Tuesday, February 8, 2011

Time's Arrow

I've written a bit about this before, but I'm still baffled by time. And I don't mean how you can lose an entire evening watching COPS, that part of time I understand perfectly. I mean what is time, why do we experience it, and why - from our perspective at least - does time only flow in one direction.
   Since we're embedded in time, I suppose you could think of it as being a fish in a stream. If you asked the fish to explain the current, why it always flowed downhill, and why they were in the stream in the first place the fish would probably have no explanation. They would probably not have given it a second thought prior to you bringing it up, since they wouldn't know any other way. Being in the center of a phenomenon doesn't make for the best observation point to explain that phenomenon.
   But that prompts the next question. If you and I and everyone else on this planet, solar system, galaxy and universe are stuck in the one-way stream of time, is there some other vantage point? Can someone or something be outside of time? And if there were something or someone outside of time, how would we be able to tell that, seeing as how we're stuck in the center of it?

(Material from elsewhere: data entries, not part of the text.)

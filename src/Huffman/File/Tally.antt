-- ===== src/Huffman/File/Tally.antt =====
-- Pass 1 counts each byte and the whole text.
use study_in_tezpur_universi.Common.{
  ℕ, suc, ◌+◌, ◌%◌, ◌^◌, ◌<◌, ◌≤◌, ◌≡◌, ◌∙◌, List, [], ◌∷◌, arith, length, length-set,
  length-replicate, get_or, get_or-set, get_or-replicate, set, ◌==◌, if◌then◌else◌, replicate,
  Bool-cases, inl, inr,
}
use study_in_tezpur_universi.Huffman.Codes.{num_chars}
use study_in_tezpur_universi.Huffman.File.{Counts, count_from, count_chars}

-- How often a byte occurs.
abbrev pub occurrences : ℕ → List ℕ → ℕ
occurrences c [] = 0
occurrences c (ch ∷ text) = (if ch == c then 1 else 0) + occurrences c text

abbrev pub AllBytes : List ℕ → Type 0
AllBytes [] = Unit
AllBytes (ch ∷ text) = (ch < 256) × AllBytes text

pub record Counted (text : List ℕ) (before after : Counts) : Type 0 where
  pub size : length after.freqs ≡ num_chars
  pub total : after.total_chars ≡ before.total_chars + length text
  pub each : (c : ℕ) → get_or after.freqs c 0 ≡ get_or before.freqs c 0 + occurrences c text

bump-freq :
    (freqs : List ℕ) (ch c limit : ℕ)
    → length freqs ≡ num_chars
    → ch < 256
    → get_or freqs ch 0 < limit
    → limit < 2 ^ 64
    → get_or (set freqs ch ((get_or freqs ch 0 + 1) % 2 ^ 64)) c 0
      ≡ get_or freqs c 0 + (if ch == c then 1 else 0)
bump-freq freqs ch c limit size byte below h = elim (Bool-cases (ch == c)) [
  | inl same ↦
      let e : ch ≡ c = ground arith in
      ground (arith, get_or-set freqs ch c ((get_or freqs ch 0 + 1) % 2 ^ 64) 0, e)
  | inr other ↦ ground (arith, get_or-set freqs ch c ((get_or freqs ch 0 + 1) % 2 ^ 64) 0)
]

count_from-Counted :
    (text : List ℕ) (counts : Counts)
    → AllBytes text
    → length counts.freqs ≡ num_chars
    → ((c : ℕ) → get_or counts.freqs c 0 ≤ counts.total_chars)
    → counts.total_chars + length text < 2 ^ 64
    → Counted text counts (count_from text counts)
unfolding count_from
count_from-Counted [] counts bytes size bounded fits = record {
  size = size;
  total = omega arith;
  each = λ c. omega arith;
}
count_from-Counted (ch ∷ text) counts bytes size bounded fits =
    let next : Counts = record {
      freqs = set counts.freqs ch ((get_or counts.freqs ch 0 + 1) % 2 ^ 64);
      total_chars = (counts.total_chars + 1) % 2 ^ 64;
    } in
    let bump = λ (c : ℕ).
      bump-freq counts.freqs ch c (suc counts.total_chars) size bytes.0 (omega (arith, bounded ch))
        (omega arith) in
    let more : (counts.total_chars + 1) % 2 ^ 64 ≡ counts.total_chars + 1 = omega arith in
    let rest =
      count_from-Counted text next bytes.1 (length-set counts.freqs ch _ ∙ size)
        (λ c. ground (arith, bump c, bounded c)) (omega arith) in
    record {
      size = rest.size;
      total = omega (arith, rest.total);
      each = λ c. omega (arith, rest.each c, bump c);
    }

-- For a text of bytes, shorter than 2^64, pass 1 counts the occurrences of each byte and the length
-- of the text, without wrapping around.
pub count_chars-Counted :
    (text : List ℕ)
    → AllBytes text
    → length text < 2 ^ 64
    → (length (count_chars text).freqs ≡ 256)
      × ((count_chars text).total_chars ≡ length text)
      × ((c : ℕ) → get_or (count_chars text).freqs c 0 ≡ occurrences c text)
unfolding count_chars
count_chars-Counted text bytes fits =
    let start : Counts = record { freqs = replicate num_chars 0; total_chars = 0 } in
    let counted =
      count_from-Counted text start bytes (length-replicate {A = ℕ} num_chars 0)
        (λ c. omega (arith, get_or-replicate {A = ℕ} num_chars c 0)) (omega arith) in
    (
      counted.size,
      omega (arith, counted.total),
      λ c. omega (arith, counted.each c, get_or-replicate {A = ℕ} num_chars c 0),
    )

   I know there are various philosophical and epistemological discussions about the arrow of time, about the Second Law of Thermodynamics and increasing entropy, blah blah blah blah blah. This is all talking around the subject and ignoring the 800 pound gorilla of a problem: we don't know what time is.*
   We experience time - or, perhaps more accurately, the effects of time - but we can't explain it like we can a smell or a sensation or a sight. We can see the minute hand marching forward on the clock but we can't explain what that is or why we can't make the minute hand go backwards.

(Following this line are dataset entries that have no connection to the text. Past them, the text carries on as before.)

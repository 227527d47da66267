-- ===== src/Huffman/File/RoundTrip.antt =====
-- compressFile and decompressFile together.
use study_in_tezpur_universi.Common.{
  ℕ, suc, ◌+◌, ◌<◌, ◌≤◌, ◌≡◌, refl, sym, ap, ◌∙◌, List, [], ◌∷◌, ◌++◌, true, false, ◌==◌, ltb, ◌&&◌,
  not, if◌then◌else◌, some, arith, length, length-append, append_assoc, append-nil, get_or, ◌^◌,
}
use study_in_tezpur_universi.Huffman.BitIo.{BitReader, bit_writer_init, bit_reader_init}
use study_in_tezpur_universi.Huffman.BitIo.Stream.{file_bits}
use study_in_tezpur_universi.Huffman.BitIo.Writing.{bit_writer_init_lem, bit_writer_flush_lem}
use study_in_tezpur_universi.Huffman.BitIo.Reading.{stream, stream-bit_reader_init}
use study_in_tezpur_universi.Huffman.Node.{
  HuffmanNode, is_leaf, is_null, IsFull, IsFull-node, is_leaf-fork,
}
use study_in_tezpur_universi.Huffman.Codes.{CodeEntry, generate_codes, entry_of}
use study_in_tezpur_universi.Huffman.Codes.Entries.{Leads, generate_codes-Coded}
use study_in_tezpur_universi.Huffman.Header.{serialize_tree_preorder}
use study_in_tezpur_universi.Huffman.Header.RoundTrip.{
  tree_bits, stored, depth, serialize_tree_preorder_lem, deserialize-tree_bits, depth-le-tree_bits,
}
use study_in_tezpur_universi.Huffman.Build.{build_huffman_tree}
use study_in_tezpur_universi.Huffman.Build.Tree.{
  Serves, build_huffman_tree-Serves, count_distinct-pos,
}
use study_in_tezpur_universi.Huffman.File.{
  huf_magic, count_chars, size_bytes, write_payload, write_tree_and_payload, compress, compressed,
  compress_file, complete, decode_loop, decode_payload, restored, restore, decompress_tree,
  decompress_body, decompress, decompress_file,
}
use study_in_tezpur_universi.Huffman.File.Prefix.{write_tree_and_payload-behind}
use study_in_tezpur_universi.Huffman.File.Size.{read_size-size_bytes}
use study_in_tezpur_universi.Huffman.File.Tally.{occurrences, AllBytes, count_chars-Counted}
use study_in_tezpur_universi.Huffman.File.Payload.{
  payload_bits, AllLead, write_payload_lem, stored-Leads,
}
use study_in_tezpur_universi.Huffman.File.Decoding.{decode_loop-payload_bits}

-- Each byte of a text occurs in it, so that the tree's table has a code for it.
table-AllLead :
    (root : HuffmanNode) (text : List ℕ)
    → ((c : ℕ) → 0 < occurrences c text → Leads root c (entry_of (generate_codes root) c).code)
    → AllLead root (generate_codes root) text
table-AllLead root text lead = from text (λ c h. lead c h)
  where
    from :
        (rest : List ℕ)
        → ((c : ℕ) → 0 < occurrences c rest → Leads root c (entry_of (generate_codes root) c).code)
        → AllLead root (generate_codes root) rest
    from [] h = tt
    from (c ∷ rest) h = (h c (ground arith), from rest (λ d p. h d (omega (arith, p))))

stored-AllLead :
    {root : HuffmanNode} (table : List CodeEntry) (text : List ℕ)
    → IsFull root
    → AllLead root table text
    → AllLead (stored root) table text
stored-AllLead table [] full lead = tt
stored-AllLead table (c ∷ text) full lead =
    (stored-Leads full lead.0, stored-AllLead table text full lead.1)

-- The stored tree has the shape of the tree.
stored_shape :
    (t : HuffmanNode) → IsFull t → (is_null (stored t) ≡ false) × (is_leaf (stored t) ≡ is_leaf t)
stored_shape t (IsFull.leaf symbol freq small) = (refl, refl)
stored_shape t (IsFull.fork symbol freq {left} {right} l r) =
    rw (is_leaf-fork symbol freq left right (IsFull-node l))
      (refl, is_leaf-fork b'$' 0 (stored left) (stored right) (stored_shape left l).0)

-- The bits of the file behind its first part: the tree, the codes and a padding.
pub write_tree_and_payload_lem :
    (root : HuffmanNode) (text out : List ℕ)
    → IsFull root
    → AllLead root (generate_codes root) text
    → (pad : List ℕ) × (file_bits (write_tree_and_payload root text out)
        ≡ file_bits out ++ (tree_bits root ++ (payload_bits (generate_codes root) text ++ pad)))
      × (length pad < 8)
unfolding write_tree_and_payload
write_tree_and_payload_lem root text out full lead =
    let table = generate_codes root in
    let bw = bit_writer_init out in
    let (ready₀, e₀) = bit_writer_init_lem out in
    let (ready₁, e₁) = serialize_tree_preorder_lem root bw full ready₀ in
    let (ready₂, e₂) =
      write_payload_lem root table text (serialize_tree_preorder root bw) lead ready₁ in
    let (pad, e₃, short) =
      bit_writer_flush_lem (write_payload table text (serialize_tree_preorder root bw)) ready₂ in
    (pad, e₃ ∙ rw (e₂, e₁, e₀) (simp append_assoc), short)

-- The magic and the size are read back.
decompress-header :
    (n : ℕ) (more : List ℕ)
    → n < 2 ^ 64
    → decompress (huf_magic ++ (size_bytes 8 n ++ more)) true
      ≡ decompress_body true (some (n, more))
unfolding decompress
decompress-header n more h = ap (decompress_body true) (read_size-size_bytes n more h)

-- The decompressor behind the tree.
decompress_tree-payload :
    (root : HuffmanNode) (text pad : List ℕ) (br : BitReader)
    → IsFull root
    → is_leaf root ≡ false
    → AllLead root (generate_codes root) text
    → stream br ≡ payload_bits (generate_codes root) text ++ pad
    → decompress_tree (length text) (some (stored root, br)) ≡ restored complete text
unfolding decompress_tree restore decode_payload
decompress_tree-payload root text pad br full inner lead e =
    let table = generate_codes root in
    let shape = stored_shape root full in
    let fuel : suc (length (stream br)) ≡ length (payload_bits table text) + suc (length pad) =
      omega (arith, ap (λ (l : List ℕ). length l) e, length-append (payload_bits table text) pad) in
    let decoded =
      decode_loop-payload_bits (length pad) (length text) 0 (stored root) table text br [] pad
        (stored-AllLead table text full lead) (shape.1 ∙ inner) (omega arith) e in
    rw (shape.0, shape.1, inner)
      (ap restore (
        ap (λ (f : ℕ). decode_loop f (stored root) (length text) br (stored root) 0 []) fuel
        ∙ decoded))

-- The decompressor on a body of a tree, the codes of a text and a padding.
decompress_body-payload :
    (root : HuffmanNode) (text more pad : List ℕ)
    → IsFull root
    → is_leaf root ≡ false
    → 0 < length text
    → AllLead root (generate_codes root) text
    → file_bits more ≡ tree_bits root ++ (payload_bits (generate_codes root) text ++ pad)
    → decompress_body true (some (length text, more)) ≡ restored complete text
unfolding decompress_body
decompress_body-payload root text more pad full inner some_text lead e =
    let table = generate_codes root in
    let br = bit_reader_init more in
    let bits = stream-bit_reader_init more ∙ e in
    let deep : depth root ≤ suc (length (stream br)) = omega (
      arith,
      depth-le-tree_bits root full,
      ap (λ (l : List ℕ). length l) bits,
      length-append (tree_bits root) (payload_bits table text ++ pad),
    ) in
    let (br', rebuilt, after) =
      deserialize-tree_bits (suc (length (stream br))) root br (payload_bits table text ++ pad) full
        deep bits in
    let busy : (length text == 0) ≡ false = ground arith in
    rw (busy, rebuilt) (decompress_tree-payload root text pad br' full inner lead after)

-- `compress` without its counts: the tree is built for some frequencies of the text's length.
compress-text :
    (text : List ℕ) (n : ℕ) (root : HuffmanNode)
    → (count_chars text).total_chars ≡ n
    → (build_huffman_tree (count_chars text).freqs).0 ≡ root
    → compress text ≡ (
        if ltb 0 n && not (is_null root)
        then write_tree_and_payload root text (huf_magic ++ size_bytes 8 n)
        else huf_magic ++ size_bytes 8 n)
unfolding compress
compress-text text n root total tree =
    ap (λ (m : ℕ). frame m (build_huffman_tree (count_chars text).freqs).0) total
    ∙ ap (frame n) tree
  where
    frame : ℕ → HuffmanNode → List ℕ
    frame n root =
        if ltb 0 n && not (is_null root)
        then write_tree_and_payload root text (huf_magic ++ size_bytes 8 n)
        else huf_magic ++ size_bytes 8 n

round_trip :
    (text : List ℕ) (root : HuffmanNode)
    → length text < 2 ^ 64
    → 0 < length text
    → IsFull root
    → is_leaf root ≡ false
    → AllLead root (generate_codes root) text
    → decompress (write_tree_and_payload root text (huf_magic ++ size_bytes 8 (length text))) true
      ≡ restored complete text
round_trip text root fits some_text full inner lead =
    let more = write_tree_and_payload root text [] in
    let (pad, bits, short) = write_tree_and_payload_lem root text [] full lead in
    ap (λ (fp : List ℕ). decompress fp true)
      (write_tree_and_payload-behind root text (huf_magic ++ size_bytes 8 (length text)))
    ∙ decompress-header (length text) more fits
    ∙ decompress_body-payload root text more pad full inner some_text lead
        (unfold file_bits in bits)

-- The leaves of the tree's symbols give each byte of the text a code that leads to it.
Serves-AllLead :
    (text freqs : List ℕ) (root : HuffmanNode)
    → Serves freqs root
    → ((c : ℕ) → get_or freqs c 0 ≡ occurrences c text)
    → AllLead root (generate_codes root) text
Serves-AllLead text freqs root serves each = table-AllLead root text λ c h.
    let k =
      generate_codes-Coded root c serves.full serves.inner
        (serves.has_leaf c (omega (arith, each c))) in
    rw k.spelled k.leads

occurrences-head : (c : ℕ) (text : List ℕ) → 0 < occurrences c (c ∷ text)
occurrences-head c text = ground arith

-- For a text of bytes, shorter than 2^64, the decompressor restores from what the compressor writes
-- exactly the text, and its decoding loop ends with the text complete. The output file can be
-- opened.
pub decompress-compress :
    (text : List ℕ)
    → AllBytes text
    → length text < 2 ^ 64
    → decompress (compress text) true ≡ restored complete text
decompress-compress [] bytes fits =
    let (_, total, _) = count_chars-Counted [] bytes fits in
    let root = (build_huffman_tree (count_chars []).freqs).0 in
    ap (λ (fp : List ℕ). decompress fp true)
      (compress-text [] 0 root total refl ∙ ap (◌++◌ huf_magic) (sym (append-nil (size_bytes 8 0))))
    ∙ decompress-header 0 [] fits
    ∙ unfold decompress_body in refl
decompress-compress (c ∷ rest) bytes fits =
    let text = c ∷ rest in
    let freqs = (count_chars text).freqs in
    let root = (build_huffman_tree freqs).0 in
    let (size, total, each) = count_chars-Counted text bytes fits in
    let some_symbols =
      count_distinct-pos freqs c (omega (arith, each c, occurrences-head c rest)) in
    let serves = build_huffman_tree-Serves freqs size some_symbols in
    let trip =
      round_trip text root fits (omega arith) serves.full serves.inner
        (Serves-AllLead text freqs root serves each) in
    let busy : ltb 0 (length text) && not (is_null root) ≡ true =
      ground (arith, IsFull-node serves.full) in
    ap (λ (fp : List ℕ). decompress fp true)
      (compress-text text (length text) root total refl ∙ rw busy)
    ∙ trip

-- The two programs, one after the other, with files that can be opened.
pub decompress_file-compress_file :
    (text : List ℕ)
    → AllBytes text
    → length text < 2 ^ 64
    → (huf : List ℕ) × (compress_file (some text) true ≡ compressed huf)
      × (decompress_file (some huf) true ≡ restored complete text)
unfolding compress_file decompress_file
decompress_file-compress_file text bytes fits =
    (compress text, refl, decompress-compress text bytes fits)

   And then let's consider the concept of time for animals. We're kind of bound to the clock and the hours of the day. Dogs can't read a clock (I suppose), so what is their concept of time? They're stuck in the middle of it like we are, but is their experience of it different? What about tortoises? Or giraffes? Or zooplankton? Or mosquitoes?
   It seems to me that time is experiential, in that it moves subjectively faster or slower depending on what you're doing. Time flies when you're having fun, after all. But why should that be? If we're stuck in the one-way arrow of time, why does our experience of it vary? What does that mean? Could we have a sufficiently sublime experience that stops time altogether, at least for a little while?
   This is the kind of stuff that keeps me up at night. Really.

* not what time it is, we already know what time it is. It's time to get ill.